§ Exercise description
Below are records; quote them exactly from the first line through the line that contains "first_key_value rounds map = do".

Collected data:
§ §

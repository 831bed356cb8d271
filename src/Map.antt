-- ===== src/Map.antt =====
-- src/map.rs: the public map over the tree. Its calls run here without interruption (interleaved calls
-- are in Tree/Thread), each with a number of rounds for its loops. `Default`, `IntoIterator` and
-- `get_key_value` are `new`, `iter` and `get`.
pub mod Reads
pub mod Update
pub mod Loops
mod Tests
use b_link.Prelude.{
  ℕ, Bool, true, false, Option, none, some, List, [], ◌∷◌, is_some, ◌==◌, Run, ok, ◌>>=◌,
}
use b_link.Ord.{Ord}
use b_link.Node.{Addr, Entry}
use b_link.Handle.{EntryRef}
use b_link.Handle.EntryMut.{EntryMut}
use b_link.Iter.{Iter, Range, RangeBounds, Keys, Values, iter_new, keys_new, values_new, range_new}
use b_link.Iter.Collect
use b_link.Tree
use b_link.Tree.{Tree, load}
use b_link.Tree.Read
use b_link.Tree.Thread.{Call, start_read, run_alone}

abbrev pub default_page_capacity : ℕ
default_page_capacity = 32

pub record BLinkMap (K V : Type 0) : Type 0 where
  pub tree : Tree K V

module _ {K V : Type 0} where
  unfoldable pub new : (fits : ℕ → Bool) → ℕ → Run (BLinkMap K V)
  unfolding Tree.new
  new fits n = do t ← Tree.new fits n; ok (record { tree = t })

  unfoldable pub len : BLinkMap K V → ℕ
  len map = map.tree.len

  unfoldable pub is_empty : BLinkMap K V → Bool
  unfolding len
  is_empty map = len map == 0

  -- The old tree is dropped.
  unfoldable pub clear : (fits : ℕ → Bool) → ℕ → BLinkMap K V → Run (BLinkMap K V)
  unfolding Tree.new
  clear fits n map = do t ← Tree.new fits n; ok (record map { tree = t })

  -- The guard of a record that was found under the latch of its leaf.
  unfoldable pub guarded : Tree K V → Option (Addr × ℕ) → Run (Option (EntryRef K V))
  guarded t none = ok none
  guarded t (some (a, index)) = do
    guard ← load t a
    ok (some (record { guard = guard; index = index }))

  unfoldable pub guarded_mut : Tree K V → Option (Addr × ℕ) → Run (Option (EntryMut K V))
  guarded_mut t none = ok none
  guarded_mut t (some (a, index)) = do
    guard ← load t a
    ok (some (record { address = a; guard = guard; index = index }))

  unfoldable pub first_key_value : ℕ → BLinkMap K V → Run (Option (EntryRef K V))
  unfolding guarded Read.first_entry
  first_key_value rounds map = do found ← Read.first_entry rounds map.tree; guarded map.tree found

  unfoldable pub last_key_value : ℕ → BLinkMap K V → Run (Option (EntryRef K V))
  unfolding guarded Read.last_entry
  last_key_value rounds map = do found ← Read.last_entry rounds map.tree; guarded map.tree found

module _ {K V : Type 0} ⦃o : Ord K⦄ where
  unfoldable pub get : ℕ → BLinkMap K V → K → Run (Option (EntryRef K V))
  unfolding guarded Read.get
  get rounds map key = do found ← Read.get rounds map.tree key; guarded map.tree found

  unfoldable pub get_mut : ℕ → BLinkMap K V → K → Run (Option (EntryMut K V))
  unfolding guarded_mut Read.get_mut
  get_mut rounds map key = do found ← Read.get_mut rounds map.tree key; guarded_mut map.tree found

  unfoldable pub contains_key : ℕ → BLinkMap K V → K → Run Bool
  unfolding get
  contains_key rounds map key = do entry ← get rounds map key; ok (is_some entry)

  unfoldable pub insert : ℕ → ℕ → BLinkMap K V → K → V → Run (BLinkMap K V × Option V)
  unfolding run_alone
  insert rounds n map key value = do
    (t, replaced) ← run_alone rounds n map.tree (start_read (Call.insert key value))
    ok (record map { tree = t }, replaced)

  unfoldable pub remove : ℕ → ℕ → BLinkMap K V → K → Run (BLinkMap K V × Option V)
  unfolding run_alone
  remove rounds n map key = do
    (t, removed) ← run_alone rounds n map.tree (start_read (Call.remove key))
    ok (record map { tree = t }, removed)

  -- Iterators borrow the map.
  abbrev pub iter : BLinkMap K V → Iter K
  iter map = iter_new

  abbrev pub keys : BLinkMap K V → Keys K
  keys map = keys_new

  abbrev pub values : BLinkMap K V → Values K
  values map = values_new

  unfoldable pub range : BLinkMap K V → RangeBounds K → Run (Range K)
  unfolding range_new
  range map bounds = range_new bounds

  unfoldable pub extend : ℕ → ℕ → BLinkMap K V → List (K × V) → Run (BLinkMap K V)
  unfolding insert
  extend rounds n map [] = ok map
  extend rounds n map ((key, value) ∷ items) = do
    (map, replaced) ← insert rounds n map key value
    extend rounds n map items

  unfoldable pub from_iter : ℕ → (fits : ℕ → Bool) → ℕ → List (K × V) → Run (BLinkMap K V)
  unfolding new extend
  from_iter rounds fits n items = do map ← new fits n; extend rounds n map items

  -- The pairs that `fmt` writes, in a loop over `iter`.
  unfoldable pub debug_entries : ℕ → ℕ → BLinkMap K V → Run (List (Entry K V))
  unfolding Collect.entries
  debug_entries items rounds map = Collect.entries items rounds map.tree (iter map)
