-- ===== src/Map/Reads.antt =====
-- The reading calls of src/map.rs on a map that no writer disturbs.
use b_link.Prelude.{ℕ, suc, ◌≡◌, refl, Option, none, some, is_some, ok, Settles, bind-ok}
use b_link.Ord.{Ord, ◌≺◌, ◌≈◌}
use b_link.Bound.{unbounded}
use b_link.Array.Bounded
use b_link.Node.{Addr, Entry}
use b_link.Handle
use b_link.Handle.{EntryRef, entry_kind}
use b_link.Iter.Steps.{Least}
use b_link.Map.{BLinkMap, guarded, get, contains_key, first_key_value, last_key_value}
use b_link.Tree.{Tree, leaf_read_for}
use b_link.Tree.Read
use b_link.Tree.Read.Arrival.{Locates, get-Locates}
use b_link.Tree.Read.Seek.{Seeks, leaf_read_for-more}
use b_link.Tree.Read.Ends.{IsLast, first_entry-Seeks, last_entry-IsLast}
use b_link.Tree.Invariant.{Inv}
use b_link.Tree.Invariant.Contents.{Represents}

module _ {K V : Type 0} ⦃o : Ord K⦄ where
  -- A map whose tree is in order and stands for `m`.
  pub record Models (n : ℕ) (map : BLinkMap K V) (m : K → Option V) : Type 0 where
    pub level : Addr → ℕ
    pub ordered : Inv n map.tree level
    pub stands_for : Represents map.tree m

  -- What a lookup answers: a guard of the record of the key, with the value of `m`, or none.
  unfoldable pub Answers : (K → Option V) → K → Option (EntryRef K V) → Type 0
  Answers m k none = m k ≡ none
  Answers m k (some r) =
      (e : Entry K V) × (Handle.entry r ≡ ok e) × (e.key ≈ k) × (m k ≡ some e.value)

  unfoldable pub IsLeast : (K → Option V) → Option (EntryRef K V) → Type 0
  IsLeast m none = (j : K) → m j ≡ none
  IsLeast m (some r) = (e : Entry K V) × (Handle.entry r ≡ ok e) × Least m unbounded e

  unfoldable pub IsGreatest : (K → Option V) → Option (EntryRef K V) → Type 0
  IsGreatest m none = (j : K) → m j ≡ none
  IsGreatest m (some r) =
      (e : Entry K V) × (Handle.entry r ≡ ok e)
      × (m e.key ≡ some e.value)
      × ((j : K) → e.key ≺ j → m j ≡ none)

  module _ {n : ℕ} {map : BLinkMap K V} {m : K → Option V} (models : Models n map m) where
    abbrev t : Tree K V
    t = map.tree

    -- `Tree::get` returns for all numbers of rounds from the height of the tree on.
    pub get-Settles :
        (k : K)
        → (r : Option (Addr × ℕ)) × Settles (λ rounds. Read.get rounds t k) r × Locates t (m k) k r
    unfolding Read.get
    get-Settles k =
        let (r, run, locates) = get-Locates models.ordered m models.stands_for k in
        let enough = suc (models.level t.root) in
        let (a, reads, rest) = bind-ok (leaf_read_for enough t k t.root) _ r run in
        (
          r,
          (
            enough,
            λ more le.
                let again = leaf_read_for-more enough more t k t.root a reads le in rw again rest,
          ),
          locates,
        )

    guarded-Answers :
        (k : K) (r : Option (Addr × ℕ))
        → Locates t (m k) k r
        → (entry : Option (EntryRef K V)) × (guarded t r ≡ ok entry) × Answers m k entry
    unfolding guarded Locates Answers Handle.entry entry_kind Bounded.index
    guarded-Answers k none locates = (none, refl, locates)
    guarded-Answers k (some (a, i)) (p, contents, e, at, is, there, same, value) =
        (some (record { guard = p; index = i }), rw at refl, (e, rw (is, there) refl, same, value))

    -- In a map that models `m`, `get` returns: with a guard of the key's record, which has the value
    -- of `m`, or with none if `m` has none.
    pub get-Answers :
        (k : K)
        → (entry : Option (EntryRef K V)) × Settles (λ rounds. get rounds map k) entry
          × Answers m k entry
    unfolding get
    get-Answers k =
        let (r, (rounds, settled), locates) = get-Settles k in
        let (entry, guards, answers) = guarded-Answers k r locates in
        (entry, (rounds, λ more le. let run = settled more le in rw run guards), answers)

    Answers-is_some :
        (k : K) (entry : Option (EntryRef K V)) → Answers m k entry → is_some entry ≡ is_some (m k)
    unfolding Answers
    Answers-is_some k none value = rw value refl
    Answers-is_some k (some r) (e, reads, same, value) = rw value refl

    -- In a map that models `m`, `contains_key` returns whether `m` has the key.
    pub contains_key-is_some :
        (k : K) → Settles (λ rounds. contains_key rounds map k) (is_some (m k))
    unfolding contains_key
    contains_key-is_some k =
        let (entry, (rounds, settled), answers) = get-Answers k in
        let same = Answers-is_some k entry answers in
        (rounds, λ more le. let run = settled more le in rw (run, same) refl)

    first-IsLeast :
        (r : Option (Addr × ℕ))
        → Seeks t m unbounded r
        → (entry : Option (EntryRef K V)) × (guarded t r ≡ ok entry) × IsLeast m entry
    unfolding guarded Seeks IsLeast Handle.entry entry_kind Bounded.index
    first-IsLeast none empty = (none, refl, λ j. empty j tt)
    first-IsLeast (some (a, i)) (e, at, after, least) =
        let found = at.at in
        let is = at.is_leaf in
        let there = at.there in
        (
          some (record { guard = at.page; index = i }),
          rw found refl,
          (e, rw (is, there) refl, (tt, at.present, least)),
        )

    -- In a map that models `m`, `first_key_value` returns: with a guard of the record with the least
    -- key, or with none if `m` is empty.
    pub first_key_value-IsLeast :
        (entry : Option (EntryRef K V)) × Settles (λ rounds. first_key_value rounds map) entry
        × IsLeast m entry
    unfolding first_key_value
    first_key_value-IsLeast =
        let (r, (rounds, settled), seeks) = first_entry-Seeks models.ordered m models.stands_for in
        let (entry, guards, least) = first-IsLeast r seeks in
        (entry, (rounds, λ more le. let run = settled more le in rw run guards), least)

    last-IsGreatest :
        (r : Option (Addr × ℕ))
        → IsLast t m r
        → (entry : Option (EntryRef K V)) × (guarded t r ≡ ok entry) × IsGreatest m entry
    unfolding guarded IsLast IsGreatest Handle.entry entry_kind Bounded.index
    last-IsGreatest none empty = (none, refl, empty)
    last-IsGreatest (some (a, i)) (e, at, greatest) =
        let found = at.at in
        let is = at.is_leaf in
        let there = at.there in
        (
          some (record { guard = at.page; index = i }),
          rw found refl,
          (e, rw (is, there) refl, at.present, greatest),
        )

    -- In a map that models `m`, `last_key_value` returns: with a guard of the record with the
    -- greatest key, or with none if `m` is empty.
    pub last_key_value-IsGreatest :
        (entry : Option (EntryRef K V)) × Settles (λ rounds. last_key_value rounds map) entry
        × IsGreatest m entry
    unfolding last_key_value
    last_key_value-IsGreatest =
        let (r, (rounds, settled), greatest) =
          last_entry-IsLast models.ordered m models.stands_for in
        let (entry, guards, last) = last-IsGreatest r greatest in
        (entry, (rounds, λ more le. let run = settled more le in rw run guards), last)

§ §

§ Expected output
repository 831bed356cb8d271
filename src/Map.antt
-- ===== src/Map.antt =====
-- src/map.rs: the public map over the tree. Its calls run here without interruption (interleaved calls
-- are in Tree/Thread), each with a number of rounds for its loops. `Default`, `IntoIterator` and
-- `get_key_value` are `new`, `iter` and `get`.
pub mod Reads
pub mod Update
pub mod Loops
mod Tests
use b_link.Prelude.{
  ℕ, Bool, true, false, Option, none, some, List, [], ◌∷◌, is_some, ◌==◌, Run, ok, ◌>>=◌,
}
use b_link.Ord.{Ord}
use b_link.Node.{Addr, Entry}
use b_link.Handle.{EntryRef}
use b_link.Handle.EntryMut.{EntryMut}
use b_link.Iter.{Iter, Range, RangeBounds, Keys, Values, iter_new, keys_new, values_new, range_new}
use b_link.Iter.Collect
use b_link.Tree
use b_link.Tree.{Tree, load}
use b_link.Tree.Read
use b_link.Tree.Thread.{Call, start_read, run_alone}

abbrev pub default_page_capacity : ℕ
default_page_capacity = 32

pub record BLinkMap (K V : Type 0) : Type 0 where
  pub tree : Tree K V

module _ {K V : Type 0} where
  unfoldable pub new : (fits : ℕ → Bool) → ℕ → Run (BLinkMap K V)
  unfolding Tree.new
  new fits n = do t ← Tree.new fits n; ok (record { tree = t })

  unfoldable pub len : BLinkMap K V → ℕ
  len map = map.tree.len

  unfoldable pub is_empty : BLinkMap K V → Bool
  unfolding len
  is_empty map = len map == 0

  -- The old tree is dropped.
  unfoldable pub clear : (fits : ℕ → Bool) → ℕ → BLinkMap K V → Run (BLinkMap K V)
  unfolding Tree.new
  clear fits n map = do t ← Tree.new fits n; ok (record map { tree = t })

  -- The guard of a record that was found under the latch of its leaf.
  unfoldable pub guarded : Tree K V → Option (Addr × ℕ) → Run (Option (EntryRef K V))
  guarded t none = ok none
  guarded t (some (a, index)) = do
    guard ← load t a
    ok (some (record { guard = guard; index = index }))

  unfoldable pub guarded_mut : Tree K V → Option (Addr × ℕ) → Run (Option (EntryMut K V))
  guarded_mut t none = ok none
  guarded_mut t (some (a, index)) = do
    guard ← load t a
    ok (some (record { address = a; guard = guard; index = index }))

  unfoldable pub first_key_value : ℕ → BLinkMap K V → Run (Option (EntryRef K V))
  unfolding guarded Read.first_entry
  first_key_value rounds map = do found ← Read.first_entry rounds map.tree; guarded map.tree found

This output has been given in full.